_Task statement_
An exact transcript is needed of the material below, beginning at the line that contains "decode_from p []" and continuing through its last line; nothing else should appear.

_Records for this task_

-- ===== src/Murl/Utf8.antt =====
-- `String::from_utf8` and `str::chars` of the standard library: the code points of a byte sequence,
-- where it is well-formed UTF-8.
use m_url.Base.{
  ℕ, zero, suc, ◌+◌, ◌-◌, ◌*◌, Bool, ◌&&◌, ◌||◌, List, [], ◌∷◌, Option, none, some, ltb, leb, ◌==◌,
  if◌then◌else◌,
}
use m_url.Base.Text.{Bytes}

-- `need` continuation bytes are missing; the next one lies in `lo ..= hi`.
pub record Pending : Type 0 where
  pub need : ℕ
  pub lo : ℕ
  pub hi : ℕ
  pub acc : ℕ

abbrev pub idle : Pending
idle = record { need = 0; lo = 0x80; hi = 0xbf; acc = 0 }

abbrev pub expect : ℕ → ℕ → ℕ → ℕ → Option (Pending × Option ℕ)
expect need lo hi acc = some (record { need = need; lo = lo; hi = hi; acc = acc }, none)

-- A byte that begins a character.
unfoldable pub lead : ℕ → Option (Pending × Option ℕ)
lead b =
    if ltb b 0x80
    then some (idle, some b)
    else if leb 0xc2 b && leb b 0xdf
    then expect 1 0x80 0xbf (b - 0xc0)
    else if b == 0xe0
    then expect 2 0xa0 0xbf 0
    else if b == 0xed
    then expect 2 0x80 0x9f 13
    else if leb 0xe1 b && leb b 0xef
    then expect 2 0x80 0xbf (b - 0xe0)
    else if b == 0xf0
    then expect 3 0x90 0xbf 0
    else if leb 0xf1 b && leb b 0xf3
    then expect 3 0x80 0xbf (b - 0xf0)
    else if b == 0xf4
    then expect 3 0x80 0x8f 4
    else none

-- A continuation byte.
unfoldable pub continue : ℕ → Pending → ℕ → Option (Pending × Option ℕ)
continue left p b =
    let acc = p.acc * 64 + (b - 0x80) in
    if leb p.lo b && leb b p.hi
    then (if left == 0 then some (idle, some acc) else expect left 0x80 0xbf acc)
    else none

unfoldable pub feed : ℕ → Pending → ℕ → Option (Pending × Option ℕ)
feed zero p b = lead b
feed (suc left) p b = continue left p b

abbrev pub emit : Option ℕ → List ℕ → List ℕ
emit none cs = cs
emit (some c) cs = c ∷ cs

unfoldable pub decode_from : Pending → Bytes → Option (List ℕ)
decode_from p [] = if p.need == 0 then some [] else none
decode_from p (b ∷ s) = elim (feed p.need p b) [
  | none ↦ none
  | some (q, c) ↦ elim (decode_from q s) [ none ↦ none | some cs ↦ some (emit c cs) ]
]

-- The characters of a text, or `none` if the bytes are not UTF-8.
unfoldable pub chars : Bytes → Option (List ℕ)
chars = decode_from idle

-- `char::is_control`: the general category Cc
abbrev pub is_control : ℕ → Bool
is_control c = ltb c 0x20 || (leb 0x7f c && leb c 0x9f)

_Exercise result_
decode_from p [] = if p.need == 0 then some [] else none
decode_from p (b ∷ s) = elim (feed p.need p b) [
  | none ↦ none
  | some (q, c) ↦ elim (decode_from q s) [ none ↦ none | some cs ↦ some (emit c cs) ]
]

-- The characters of a text, or `none` if the bytes are not UTF-8.
unfoldable pub chars : Bytes → Option (List ℕ)
chars = decode_from idle

-- `char::is_control`: the general category Cc
abbrev pub is_control : ℕ → Bool
is_control c = ltb c 0x20 || (leb 0x7f c && leb c 0x9f)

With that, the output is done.